Re: [PATCH 14/15] dax: associate mappings with inodes, and warn if dma collides with truncate

From: Jan Kara
Date: Fri Dec 22 2017 - 05:42:03 EST


On Thu 21-12-17 09:31:50, Dan Williams wrote:
> On Thu, Dec 21, 2017 at 4:14 AM, Jan Kara <jack@xxxxxxx> wrote:
> > On Wed 20-12-17 14:41:14, Dan Williams wrote:
> >> On Wed, Dec 20, 2017 at 6:38 AM, Jan Kara <jack@xxxxxxx> wrote:
> >> > On Tue 19-12-17 17:11:38, Dan Williams wrote:
> >> >> On Fri, Nov 10, 2017 at 1:08 AM, Christoph Hellwig <hch@xxxxxx> wrote:
> >> >> >> + struct {
> >> >> >> + /*
> >> >> >> + * ZONE_DEVICE pages are never on an lru or handled by
> >> >> >> + * a slab allocator, this points to the hosting device
> >> >> >> + * page map.
> >> >> >> + */
> >> >> >> + struct dev_pagemap *pgmap;
> >> >> >> + /*
> >> >> >> + * inode association for MEMORY_DEVICE_FS_DAX page-idle
> >> >> >> + * callbacks. Note that we don't use ->mapping since
> >> >> >> + * that has hard coded page-cache assumptions in
> >> >> >> + * several paths.
> >> >> >> + */
> >> >> >
> >> >> > What assumptions? I'd much rather fix those up than having two fields
> >> >> > that have the same functionality.
> >> >>
> >> >> [ Reviving this old thread where you asked why I introduce page->inode
> >> >> instead of reusing page->mapping ]
> >> >>
> >> >> For example, xfs_vm_set_page_dirty() assumes that page->mapping being
> >> >> non-NULL indicates a typical page cache page, this is a false
> >> >> assumption for DAX. My guess at a fix for this is to add
> >> >> pagecache_page() checks to locations like this, but I worry about how
> >> >> to find them all. Where pagecache_page() is:
> >> >>
> >> >> bool pagecache_page(struct page *page)
> >> >> {
> >> >> if (!page->mapping)
> >> >> return false;
> >> >> if (!IS_DAX(page->mapping->host))
> >> >> return false;
> >> >> return true;
> >> >> }
> >> >>
> >> >> Otherwise we go off the rails:
> >> >>
> >> >> WARNING: CPU: 27 PID: 1783 at fs/xfs/xfs_aops.c:1468
> >> >> xfs_vm_set_page_dirty+0xf3/0x1b0 [xfs]
> >> >
> >> > But this just shows that mapping->a_ops are wrong for this mapping, doesn't
> >> > it? ->set_page_dirty handler for DAX mapping should just properly handle
> >> > DAX pages... (and only those)
> >>
> >> Ah, yes. Now that I change ->mapping to be non-NULL for DAX pages I
> >> enable all the address_space_operations to start firing. However,
> >> instead of adding DAX specific address_space_operations it appears
> >> ->mapping should never be set for DAX pages, because DAX pages are
> >> disconnected from the page-writeback machinery.
> >
> > page->mapping is not only about page-writeback machinery.
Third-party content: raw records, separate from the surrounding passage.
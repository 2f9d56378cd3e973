-- ===== src/Tests/Machine.antt =====
-- The filesystem's state machine on concrete values. The stand-ins: a hash with one value, paths that are
-- in NFC as they are, base64 that is plain text, and a store that holds nothing.
use ducktape_sdk.Prelude.{
  ℕ, ◌<◌, ◌≡◌, ◌⊎◌, refl, none, some, Option, List, [], ◌∷◌, false, arith, All,
}
use ducktape_sdk.Bytes.Order.{bytes_order}
use ducktape_sdk.BTree.{get, contains_key}
use ducktape_sdk.Parser.{ok}
use ducktape_sdk.Duckfs.Errors.{chunk_empty}
use ducktape_sdk.Duckfs.Results.{◌>>=◌}
use ducktape_sdk.Duckfs.Actor.{system_authority, encoded_len, actor, validate, validate_actor}
use ducktape_sdk.Duckfs.Refs.{Refs, encode_refs, decode_refs, encoded_refs_len, staged_entry_len}
use ducktape_sdk.Duckfs.Tree.Resolve.{Store}
use ducktape_sdk.Duckfs.Fs.{
  Pending, Fs, new, require_pending, with_pending, pending_refs, sweep_expired, retain,
  snapshot_refs, push_object, refuse_refs_growth, refs_commit_headroom,
}
use ducktape_sdk.Parser.{Result, err}
use ducktape_sdk.BTree.{insert}
use ducktape_sdk.Bytes.{ascii}
use ducktape_sdk.Bytes.Order.{bytes_eq}
use ducktape_sdk.Duckfs.Errors.{FilesError}
use ducktape_sdk.Duckfs.Objects.{ObjectId}
use ducktape_sdk.Duckfs.Paths.{
  canonical, starts_with_slash, contains_nul, split, check_segments, checked_segments,
  is_dot_segment, check_authority,
}
use ducktape_sdk.Duckfs.Tree
use ducktape_sdk.Duckfs.Tree.{
  load, split_last, navigate, materialize, make_dir, get_child, put_child,
}
use ducktape_sdk.Duckfs.Tree.Build.{build, build_node, build_children, stage_dir}
use ducktape_sdk.Duckfs.Tree.Resolve.{entry_at}
use ducktape_sdk.Duckfs.Tree.Build as edit
use ducktape_sdk.Duckfs.Tree.Walks.{get-entry_at}
use ducktape_sdk.Duckfs.Retention.Records.{decode_record-file}
use ducktape_sdk.Duckfs.Retention.{Record, membership, file, decode_record}
use ducktape_sdk.Duckfs.Objects.{encode_file}
use ducktape_sdk.Tests.{some_id, all_bytes→IsBytes}
use ducktape_sdk.Duckfs.Retention.Decimals.{positive_number_iff}
use ducktape_sdk.Duckfs.Retention.{positive_number, decimal}
use ducktape_sdk.Prelude.{◌^◌}
use ducktape_sdk.Duckfs.Fs.Commit.Chunking.{join, chunks_of-join}
use ducktape_sdk.Duckfs.Fs.Commit.Change.{chunks_of}
use ducktape_sdk.Duckfs.Chunks.{verify_file_shape}
use ducktape_sdk.Duckfs.Chunks.Sizes.{AllVerify}
use ducktape_sdk.Prelude.{length, map}
use ducktape_sdk.Duckfs.Fs.Tables.{join_segs, join_slash}
use ducktape_sdk.Duckfs.Fs.Commit.Change.{Change, mkdir, canon_authorized}
use ducktape_sdk.Duckfs.Fs.Commit.Plan.{dedup, plan_change, plan_changes}
use ducktape_sdk.Duckfs.Fs.Commit.Engine.{
  CommitBuilt, check_bounds, resolve_base, effective_root, check_chunks, check_unchanged, entry_eq,
  build_root, replay, apply_op, stage_root, finish, run_commit,
}
use ducktape_sdk.Duckfs.Fs.Commit.Change.{watch_matches}
use ducktape_sdk.Duckfs.Fs.Commit.Matching.{watch_matches_iff}
use ducktape_sdk.Duckfs.Paths.{Segments}
use ducktape_sdk.Prelude.{◌↔◌, ◌++◌, true}
use ducktape_sdk.Duckfs.Fs.Commit.Safety.{IsWritten, IsDistinct, run_commit-writes}
use ducktape_sdk.Duckfs.Fs.Staging.{
  putblob_apply, put_chunk, stage_chunk, check_quotas, owner_usage,
}
use ducktape_sdk.Duckfs.Fs.Verbs.{putblob, transact, apply_pending, settle}
use ducktape_sdk.Duckfs.Fs.Ops.{Op, putblob_op, run_op}
use ducktape_sdk.Duckfs.Fs.Ops.Refused.{run_op-refused}
use ducktape_sdk.Duckfs.Fs.Ops.Accepted.{run_op-sweeps}
use ducktape_sdk.Duckfs.Fs.Ops.Uploads.{Uploaded, run_op-Uploaded}
use ducktape_sdk.Duckfs.Fs.Ops.Revision.{Advances, run_op-revision}
use ducktape_sdk.Duckfs.Fs.Sync.{root_bytes, install_refs}
use ducktape_sdk.Duckfs.Fs.Keeps.{IsDigest}
use ducktape_sdk.Duckfs.Fs.Keeps.Transact.{IsSound}
use ducktape_sdk.Duckfs.Fs.Keeps.Run.{Reachable, here, next, op_step}
use ducktape_sdk.Duckfs.Fs.Keeps.Install.{reachable-decodes, reachable-installs}
use ducktape_sdk.Tests.{some_id, all_bytes→IsBytes}

abbrev hash : List ℕ → List ℕ
hash bytes = some_id

abbrev same : List ℕ → List ℕ
same text = text

abbrev plain : List ℕ → Option (List ℕ)
plain text = some text

abbrev nothing : Store
nothing = record { get = λ id. ok none; has_committed = λ id. ok false }

hash-IsDigest : IsDigest hash
hash-IsDigest bytes = (refl, all_bytes→IsBytes some_id refl)

-- `Refs::default()`
abbrev no_refs : Refs
no_refs = record {
  source_revision = 0;
  head = none;
  window = [];
  pins = [];
  staging = [];
  watches = [];
  retention_root = none;
}

abbrev start : Fs
unfolding new
start = new no_refs

start-IsSound : IsSound start
unfolding start new encoded_refs_len refs_commit_headroom
start-IsSound = record {
  committed = record {
    valid = record {
      revision_fits = omega arith;
      head_id = tt;
      window_ids = tt;
      window_cap = omega arith;
      pins_ascend = tt;
      pins_valid = tt;
      pins_cap = omega arith;
      staging_ascends = tt;
      staging_valid = tt;
      staging_cap = omega arith;
      watches_ascend = tt;
      watches_valid = tt;
      watches_cap = omega arith;
      retention_id = tt;
    };
    room = omega arith;
  };
  overlay = tt;
  window_small = omega arith;
  staging_small = omega arith;
}

abbrev upload : Op
upload = putblob_op (1 ∷ 2 ∷ 3 ∷ [])

-- A chunk staged by the system at height 5.
abbrev staged_fs : Fs
unfolding run_op start
staged_fs = (run_op hash same plain nothing system_authority 5 upload start).0

staged-Reachable : Reachable hash same plain start staged_fs
unfolding staged_fs start
staged-Reachable = next here (op_step nothing system_authority 5 upload start tt tt)

abbrev staged_pending : Pending
unfolding require_pending staged_fs
staged_pending = require_pending 5 staged_fs

staged_open : staged_fs.pending ≡ some staged_pending
unfolding staged_pending staged_fs start run_op putblob transact validate validate_actor actor
    require_pending
staged_open = refl

reachable-decodes_example :
    (decode_refs (encode_refs staged_fs.refs) ≡ ok staged_fs.refs)
    × (decode_refs (encode_refs staged_pending.refs) ≡ ok staged_pending.refs)
reachable-decodes_example =
    reachable-decodes hash same plain hash-IsDigest start staged_fs staged_pending start-IsSound
      staged-Reachable staged_open

reachable-installs_example :
    install_refs hash (snapshot_refs staged_fs) (root_bytes hash staged_fs.refs) start
    ≡ (record start { refs = staged_fs.refs; pending = none }, ok tt)
reachable-installs_example =
    reachable-installs hash same plain hash-IsDigest start staged_fs start start-IsSound
      staged-Reachable

run_op-sweeps_example : All (λ e. 5 < e.1.expires_at) (pending_refs staged_fs).staging
unfolding staged_fs start run_op putblob transact validate validate_actor actor require_pending
    apply_pending settle putblob_apply put_chunk stage_chunk check_quotas owner_usage sweep_expired
    retain refuse_refs_growth encoded_refs_len refs_commit_headroom staged_entry_len encoded_len
    contains_key get push_object ◌>>=◌
run_op-sweeps_example =
    run_op-sweeps hash same plain nothing system_authority 5 upload start staged_fs (omega arith)
      refl

abbrev refused_fs : Fs
unfolding run_op start
refused_fs = (run_op hash same plain nothing system_authority 5 (putblob_op []) start).0

run_op-refused_example :
    (refused_fs ≡ start) ⊎ (refused_fs ≡ with_pending start (require_pending 5 start))
unfolding refused_fs start run_op putblob transact validate validate_actor actor require_pending
    apply_pending settle putblob_apply put_chunk
run_op-refused_example =
    run_op-refused hash same plain nothing system_authority 5 (putblob_op []) start refused_fs
      chunk_empty refl

run_op-revision_example :
    (staged_fs.refs ≡ start.refs) × Advances (pending_refs start) (pending_refs staged_fs)
unfolding staged_fs
run_op-revision_example = run_op-revision hash same plain nothing system_authority 5 upload start

abbrev nothing_built : CommitBuilt
nothing_built = record { refs = no_refs; objects = []; notifications = [] }

abbrev value_of : Result FilesError CommitBuilt → CommitBuilt
value_of (ok b) = b
value_of (err e) = nothing_built

-- A commit that makes the directory `/a`.
abbrev changes : List Change
changes = mkdir (ascii "/a") ∷ []

abbrev committed : Result FilesError CommitBuilt
unfolding run_commit
committed =
    run_commit hash same plain nothing [] system_authority 5 7 (ascii "first") 1024 none changes
      no_refs

committed-ok : committed ≡ ok (value_of committed)
unfolding committed run_commit check_bounds resolve_base effective_root plan_changes plan_change
    canon_authorized canonical starts_with_slash contains_nul split check_segments checked_segments
    is_dot_segment bytes_eq check_authority dedup contains_key get insert join_segs join_slash
    check_chunks check_unchanged entry_at entry_eq build_root replay apply_op Tree.mkdir split_last
    navigate materialize make_dir get_child put_child build build_node build_children stage_dir
    stage_root finish ◌>>=◌ load
committed-ok = refl

run_commit-writes_example :
    (base_root : Option ObjectId) × (head_root : Option ObjectId) × (resolve_base hash same plain
        nothing no_refs none
      ≡ ok base_root)
    × (effective_root nothing none ≡ ok head_root)
    × All (IsWritten same system_authority nothing base_root head_root) (ascii "/a" ∷ [])
    × IsDistinct (ascii "/a" ∷ [])
unfolding committed
run_commit-writes_example =
    run_commit-writes hash same plain nothing [] system_authority 5 7 (ascii "first") 1024 none
      changes no_refs (value_of committed) committed-ok

watch_matches_iff_example :
    (watch_matches (ascii "/a") (ascii "/a/b") ≡ true)
    ↔ ((rest : Segments) × (ascii "a" ∷ ascii "b" ∷ [] ≡ (ascii "a" ∷ []) ++ rest))
unfolding canonical starts_with_slash contains_nul split check_segments checked_segments
    is_dot_segment bytes_eq
watch_matches_iff_example =
    watch_matches_iff same (ascii "/a") (ascii "/a/b") (ascii "a" ∷ []) (ascii "a" ∷ ascii "b" ∷ [])
      refl refl

get-entry_at_example :
    edit.get hash nothing.get (load (some (ascii "root"))) (ascii "a" ∷ [])
    ≡ entry_at nothing (some (ascii "root")) (ascii "a" ∷ [])
get-entry_at_example = get-entry_at hash nothing (some (ascii "root")) (ascii "a" ∷ [])

chunks_of-join_example :
    (join (chunks_of (ascii "hello")) ≡ ascii "hello")
    × (verify_file_shape 5 (length (chunks_of (ascii "hello"))) ≡ ok tt)
    × AllVerify 5 (length (chunks_of (ascii "hello"))) 0 (map length (chunks_of (ascii "hello")))
chunks_of-join_example = chunks_of-join (ascii "hello") (omega arith)

positive_number_iff_example :
    (positive_number (ascii "42") ≡ ok 42) ↔ ((0 < 42) × (42 < 2 ^ 64) × (ascii "42" ≡ decimal 42))
positive_number_iff_example = positive_number_iff (ascii "42") 42

-- Two protected references hold one snapshot.
abbrev counted : Record
counted = membership some_id 2

decode_record-file_example : decode_record (encode_file (file counted)) ≡ ok counted
decode_record-file_example =
    decode_record-file counted ((refl, all_bytes→IsBytes some_id refl), omega arith, omega arith)

run_op-Uploaded_example :
    (pending : Pending) × (staged_fs.pending ≡ some pending)
    × Uploaded hash system_authority 5 (1 ∷ 2 ∷ 3 ∷ []) (require_pending 5 start) pending
unfolding staged_fs start run_op putblob transact validate validate_actor actor require_pending
    apply_pending settle putblob_apply put_chunk stage_chunk check_quotas owner_usage sweep_expired
    retain refuse_refs_growth encoded_refs_len refs_commit_headroom staged_entry_len encoded_len
    contains_key get push_object ◌>>=◌
run_op-Uploaded_example =
    run_op-Uploaded hash same plain nothing system_authority 5 (1 ∷ 2 ∷ 3 ∷ []) start staged_fs refl
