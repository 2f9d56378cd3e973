-- ===== src/Tests/Overlay.antt =====
-- The overlay over the store in memory, the objects in memory and the read budget, on concrete values.
-- The stand-in for SHA-256 is the identity.
use ducktape_sdk.Prelude.{
  ℕ, suc, ◌≤◌, ◌≡◌, ◌↔◌, ◌⊎◌, refl, none, some, List, [], ◌∷◌, true, if◌then◌else◌, arith,
}
use ducktape_sdk.Bytes.{ascii}
use ducktape_sdk.Bytes.Order.{bytes_eq, bytes_lt, bytes_order}
use ducktape_sdk.Parser.{ok}
use ducktape_sdk.BTree.{IsAscending}
use ducktape_sdk.Sdk.MerkleStore.{Durable}
use ducktape_sdk.Sdk.StagedStore.{
  StagedStore, commit, get, root, get_committed, restore, checkpoint, abort, new,
}
use ducktape_sdk.Sdk.StagedStore.Reads.{
  Step, stage_step, delete_step, run, latest, get-run, undo-run,
}
use ducktape_sdk.Sdk.StagedStore.Commit.{Commits, commit-get}
use ducktape_sdk.Sdk.MemStore.{MemStore, mem_store}
use ducktape_sdk.Sdk.MemStore.Law.{mem_store-Durable}
use ducktape_sdk.Duckfs.Kind
use ducktape_sdk.Duckfs.Kind.{Kind}
use ducktape_sdk.Duckfs.Store
use ducktape_sdk.Duckfs.Store.{Objects}
use ducktape_sdk.Duckfs.Store.Addressed.{IsAddressed, put-remove-IsAddressed}
use ducktape_sdk.Duckfs.ReadBudget.{ReadBudget}
use ducktape_sdk.Duckfs.ReadBudget.Charges.{get_charge, charge, charged, is_free, charge-count}
use ducktape_sdk.Tests.{some_id}

abbrev hash : List ℕ → List ℕ
hash key = key

abbrev staged : StagedStore MemStore
staged = record {
  store = (ascii "a", ascii "old") ∷ (ascii "b", ascii "kept") ∷ [];
  pending = (ascii "a", none) ∷ (ascii "c", some (ascii "new")) ∷ [];
}

commit-get_example :
    Commits ⦃merkle = mem_store hash⦄ hash
      (ascii "a")
      staged
      (commit ⦃merkle = mem_store hash⦄ hash staged)
unfolding bytes_eq bytes_lt
commit-get_example =
    commit-get ⦃merkle = mem_store hash⦄ (λ map. IsAscending map) hash (mem_store-Durable hash)
      (ascii "a") staged ((refl, tt), (tt, tt)) ((refl, tt), (tt, tt)) (refl, (refl, tt))

abbrev steps : List Step
steps =
    stage_step (ascii "a") (ascii "1")
    ∷ delete_step (ascii "b")
    ∷ stage_step (ascii "a") (ascii "2")
    ∷ []

get-run_example :
    get ⦃merkle = mem_store hash⦄ hash (ascii "a") (run steps staged)
    ≡ latest steps (ascii "a") (get ⦃merkle = mem_store hash⦄ hash (ascii "a") staged)
get-run_example = get-run ⦃merkle = mem_store hash⦄ hash steps (ascii "a") staged

undo-run_example :
    (root ⦃merkle = mem_store hash⦄ (run steps staged) ≡ root ⦃merkle = mem_store hash⦄ staged)
    × (get_committed ⦃merkle = mem_store hash⦄ hash (ascii "a") (run steps staged)
        ≡ get_committed ⦃merkle = mem_store hash⦄ hash (ascii "a") staged)
    × (restore (checkpoint staged) (run steps staged) ≡ staged)
    × (abort (run steps staged) ≡ new (staged.store))
undo-run_example = undo-run ⦃merkle = mem_store hash⦄ hash steps (ascii "a") staged

mem_store-Durable_example : Durable (mem_store hash) (λ map. IsAscending map)
mem_store-Durable_example = mem_store-Durable hash

abbrev objects : Objects
objects = (1 ∷ 7 ∷ [], (Kind.file, 7 ∷ [])) ∷ []

put-remove-IsAddressed_example :
    IsAddressed hash (Store.put hash objects Kind.chunk (9 ∷ [])).1
    × IsAddressed hash (Store.remove objects (1 ∷ 7 ∷ []))
    × (Store.get (Store.put hash objects Kind.chunk (9 ∷ [])).1 (1 ∷ 7 ∷ []) ≡ (
        if bytes_eq (Store.put hash objects Kind.chunk (9 ∷ [])).0 (1 ∷ 7 ∷ [])
        then some (Kind.chunk, 9 ∷ [])
        else Store.get objects (1 ∷ 7 ∷ [])))
unfolding Store.object_id Kind.tag
put-remove-IsAddressed_example =
    put-remove-IsAddressed hash objects Kind.chunk (9 ∷ []) (1 ∷ 7 ∷ []) ((tt, tt), (refl, tt))

-- One read is counted, and the cap is one.
abbrev budget : ReadBudget
budget = record { block_index = []; cap = 1; gets = (some_id, tt) ∷ []; stats = [] }

charge-count_example :
    (((charge (get_charge some_id) budget).1 ≡ ok tt)
      ↔ ((is_free (get_charge some_id) budget ≡ true) ⊎ (suc (charged budget) ≤ 1)))
    × (charged (charge (get_charge some_id) budget).0
        ≡ (if is_free (get_charge some_id) budget then charged budget else suc (charged budget)))
    × ((charge (get_charge some_id) budget).0.cap ≡ 1)
    × ((charge (get_charge some_id) budget).0.block_index ≡ [])
charge-count_example = charge-count (get_charge some_id) budget (omega arith)
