-- ===== src/Tests/Rules.antt =====
-- The rules on paths, actors, sizes, hex and the genesis config on concrete values.
use ducktape_sdk.Prelude.{
  ℕ, ◌+◌, ◌≡◌, inl, inr, refl, some, List, [], ◌∷◌, true, arith, length, All,
}
use ducktape_sdk.Bytes.{ascii, to_le_bytes}
use ducktape_sdk.Bytes.Utf8.{is_utf8}
use ducktape_sdk.Bytes.Order.{bytes_eq, bytes_lt}
use ducktape_sdk.Parser.{ok}
use ducktape_sdk.Sdk.Codec.{u64_le, push_bytes, push_str}
use ducktape_sdk.Sdk.GenesisConfig.{Param, increases, encode_params, encode_config, decode_config}
use ducktape_sdk.Sdk.GenesisConfig.RoundTrip.{
  IsParam, decode_config-encode_config, encode_config-decode_config,
}
use ducktape_sdk.Sdk.GenesisConfig.TimeUnit
use ducktape_sdk.Sdk.GenesisConfig.TimeUnit.{decode-encode_iff}
use ducktape_sdk.Duckfs.Limits.{chunk_size}
use ducktape_sdk.Duckfs.Kind
use ducktape_sdk.Duckfs.Kind.{from_u8-tag_iff}
use ducktape_sdk.Duckfs.Actor
use ducktape_sdk.Duckfs.Actor.{
  Actor, Authority, external, program, mod_authority, system_authority, account, key, mod_id,
  system, controls, validate,
}
use ducktape_sdk.Duckfs.Actor.Control.{controls_iff, validate_iff}
use ducktape_sdk.Duckfs.Actor.RoundTrip.{length-encode}
use ducktape_sdk.Duckfs.Chunks.{verify_chunk_len_at, verify_file_shape}
use ducktape_sdk.Duckfs.Chunks.Sizes.{sum, sum-eq-size, verify_file_shape_iff}
use ducktape_sdk.Duckfs.Paths.{
  Segments, canonical, is_namespace_root, contains_nul, is_dot_segment, check_authority,
}
use ducktape_sdk.Duckfs.Paths.Canonical.{canonical_iff}
use ducktape_sdk.Duckfs.Paths.Writable.{check_authority_iff, namespace_root-system}
use ducktape_sdk.Duckfs.Hex.{to_hex, from_hex_32, unhex}
use ducktape_sdk.Duckfs.Hex.RoundTrip.{from_hex_32-to_hex_iff, unhex-to_hex}
use ducktape_sdk.Tests.{some_id, all_bytes→IsBytes}

-- The stand-in for NFC normalization, which keeps ASCII text.
abbrev nfc : List ℕ → List ℕ
nfc path = path

abbrev segments : Segments
segments = ascii "home" ∷ ascii "me" ∷ ascii "a.txt" ∷ []

canonical_iff_example : canonical nfc (ascii "/home/me/a.txt") ≡ ok segments
unfolding contains_nul is_dot_segment bytes_eq
canonical_iff_example = (canonical_iff nfc (ascii "/home/me/a.txt") segments).1 (
  refl,
  (refl, refl, omega arith),
  (
    (refl, omega arith, (refl, (refl, (refl, (refl, tt))))),
    (
      (refl, omega arith, (refl, (refl, tt))),
      ((refl, omega arith, (refl, (refl, (refl, (refl, (refl, tt)))))), tt),
    ),
  ),
  omega arith,
)

check_authority_iff_example : check_authority (program 5) segments ≡ ok tt
check_authority_iff_example =
    (check_authority_iff (program 5) segments).1 (inr (inl (refl, omega arith)))

namespace_root-system_example : system_authority ≡ system_authority
unfolding is_namespace_root bytes_eq check_authority
namespace_root-system_example =
    namespace_root-system system_authority (ascii "shared" ∷ []) refl refl

controls_iff_example : controls (external (ascii "k") (some 4)) (key (ascii "k")) ≡ true
controls_iff_example =
    (controls_iff (external (ascii "k") (some 4)) (key (ascii "k"))).1 (inr (ascii "k", refl, refl))

validate_iff_example : validate (program 4) ≡ ok tt
unfolding Actor.actor
validate_iff_example = (validate_iff (program 4)).1 (omega arith)

length-encode_example :
    length (Actor.encode (mod_id (ascii "pages"))) ≡ Actor.encoded_len (mod_id (ascii "pages"))
length-encode_example = length-encode (mod_id (ascii "pages"))

verify_file_shape_iff_example : verify_file_shape (chunk_size + 1) 2 ≡ ok tt
verify_file_shape_iff_example =
    (verify_file_shape_iff (chunk_size + 1) 2 (omega arith)).1 (omega arith)

sum-eq-size_example : sum (chunk_size ∷ 3 ∷ []) ≡ chunk_size + 3
unfolding verify_chunk_len_at
sum-eq-size_example =
    sum-eq-size (chunk_size + 3) (chunk_size ∷ 3 ∷ []) (omega arith) (omega arith)
      (refl, (refl, tt))

from_hex_32-to_hex_iff_example : from_hex_32 (to_hex some_id) ≡ some some_id
from_hex_32-to_hex_iff_example =
    (from_hex_32-to_hex_iff (to_hex some_id) some_id).1
      ((refl, all_bytes→IsBytes some_id refl), refl)

unhex-to_hex_example : unhex (to_hex some_id) ≡ ok some_id
unhex-to_hex_example = unhex-to_hex some_id (all_bytes→IsBytes some_id refl)

from_u8-tag_iff_example : Kind.from_u8 3 ≡ some Kind.snapshot
unfolding Kind.tag
from_u8-tag_iff_example = (from_u8-tag_iff 3 Kind.snapshot).1 refl

decode-encode_iff_example : TimeUnit.decode (TimeUnit.encode TimeUnit.millis) ≡ ok TimeUnit.millis
decode-encode_iff_example =
    (decode-encode_iff (TimeUnit.encode TimeUnit.millis) TimeUnit.millis).1 refl

abbrev params : List Param
params = (ascii "chain_id", 1 ∷ []) ∷ (ascii "time_unit", ascii "ms") ∷ []

-- The encoding of `params`.
abbrev params_bytes : List ℕ
params_bytes =
    2 ∷ 0 ∷ 0 ∷ 0 ∷ 0 ∷ 0 ∷ 0 ∷ 0 ∷ 8 ∷ 0 ∷ 0 ∷ 0 ∷ 0 ∷ 0 ∷ 0 ∷ 0 ∷ 99 ∷ 104 ∷ 97 ∷ 105 ∷ 110 ∷ 95
    ∷ 105 ∷ 100 ∷ 1 ∷ 0 ∷ 0 ∷ 0 ∷ 0 ∷ 0 ∷ 0 ∷ 0 ∷ 1 ∷ 9 ∷ 0 ∷ 0 ∷ 0 ∷ 0 ∷ 0 ∷ 0 ∷ 0 ∷ 116 ∷ 105
    ∷ 109 ∷ 101 ∷ 95 ∷ 117 ∷ 110 ∷ 105 ∷ 116 ∷ 2 ∷ 0 ∷ 0 ∷ 0 ∷ 0 ∷ 0 ∷ 0 ∷ 0 ∷ 109 ∷ 115 ∷ []

-- A text or a value of these few bytes is within the bounds.
params-IsParam : All IsParam params
unfolding is_utf8
params-IsParam = (
  (
    ((omega arith, omega arith, all_bytes→IsBytes (ascii "chain_id") refl), refl),
    (omega arith, omega arith, all_bytes→IsBytes (1 ∷ []) refl),
  ),
  (
    (
      ((omega arith, omega arith, all_bytes→IsBytes (ascii "time_unit") refl), refl),
      (omega arith, omega arith, all_bytes→IsBytes (ascii "ms") refl),
    ),
    tt,
  ),
)

decode_config-encode_config_example : decode_config params_bytes ≡ ok params
unfolding encode_config encode_params increases u64_le push_bytes push_str to_le_bytes bytes_lt
decode_config-encode_config_example =
    decode_config-encode_config params params_bytes params-IsParam (omega arith) refl

params_read : decode_config params_bytes ≡ ok params
unfolding encode_config encode_params increases u64_le push_bytes push_str to_le_bytes bytes_lt
params_read = decode_config-encode_config params params_bytes params-IsParam (omega arith) refl

encode_config-decode_config_example :
    (encode_config params ≡ some params_bytes) × All IsParam params
encode_config-decode_config_example =
    encode_config-decode_config params_bytes params (all_bytes→IsBytes params_bytes refl)
      params_read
It is generally
> > about page <-> inode relation and that still exists for DAX pages. We even
> > reuse the mapping->page_tree to store DAX pages. Also requiring proper
> > address_space_operations for DAX inodes is IMO not a bad thing as such.
> >
> > That being said I'm not 100% convinced we should really set page->mapping
> > for DAX pages. After all they are not page cache pages but rather a
> > physical storage for the data, don't ever get to LRU, etc. But if you need
> > page->inode relation somewhere, that is a good indication to me that it
> > might be just easier to set page->mapping and provide aops that do the
> > right thing (i.e. usually not much) for them.
> >
> > BTW: the ->set_page_dirty() in particular actually *does* need to do
> > something for DAX pages - corresponding radix tree entries should be
> > marked dirty so that caches can get flushed when needed.
>
> For this specific concern, the get_user_pages() path will have
> triggered mkwrite, so the dax dirty tracking in the radix will have
> already happened by the time we call ->set_page_dirty(). So, it's not
> yet clear to me that we need that particular op.

Right, but it would still be nice to at least verify in ->set_page_dirty()
that the DAX page is marked as dirty in the radix tree (that may be
slightly expensive to keep forever but probably still worth it at least for
some time).

BTW: You just made me realize get_user_pages() is likely the path I have
been looking for for about an year which can indeed dirty a mapped page
from a different path than page fault (I'm now speaking about non-DAX case
but it translates to DAX as well). I have been getting sporadical reports
of filesystems (ext4 and xfs) crashing because a page was dirty but
filesystem was not prepared for that (which happens in ->page_mkwrite or
->write_begin). What I think could happen is that someone used mmaped file
as a buffer for DIO or something like that, that triggered GUP, which
triggered fault and dirtied a page. Then kswapd came, wrote the page,
writeprotected it in page tables, and reclaimed buffers from the page. It
could not free the page itself because DIO still held reference to it.
And then DIO eventually called bio_set_pages_dirty() which marked pages
dirty and filesystem eventually barfed on these... I'll talk to MM people
about this and how could it be possibly fixed - but probably after
Christmas so I'm writing it here so that I don't forget :).

> >> In other words never
> >> setting ->mapping bypasses all the possible broken assumptions and
> >> code paths that take page-cache specific actions before calling an
> >> address_space_operation.
> >
> > If there are any assumptions left after aops are set properly, then we can
> > reconsider this but for now setting ->mapping and proper aops looks cleaner
> > to me...
>
> I'll try an address_space_operation with a nop ->set_page_dirty() and
> see if anything else falls out.

There are also other aops which would be good to NOPify. readpage and
writepage should probably directly BUG, write_begin and write_end as well
as we expect iomap to be used with DAX. Ditto for invalidatepage,
releasepage, freepage, launder_page, is_dirty_writeback, isolate_page as we
don't expect page reclaim for our pages. Other functions in there would
need some thought...

Honza
--
Jan Kara <jack@xxxxxxxx>
SUSE Labs, CR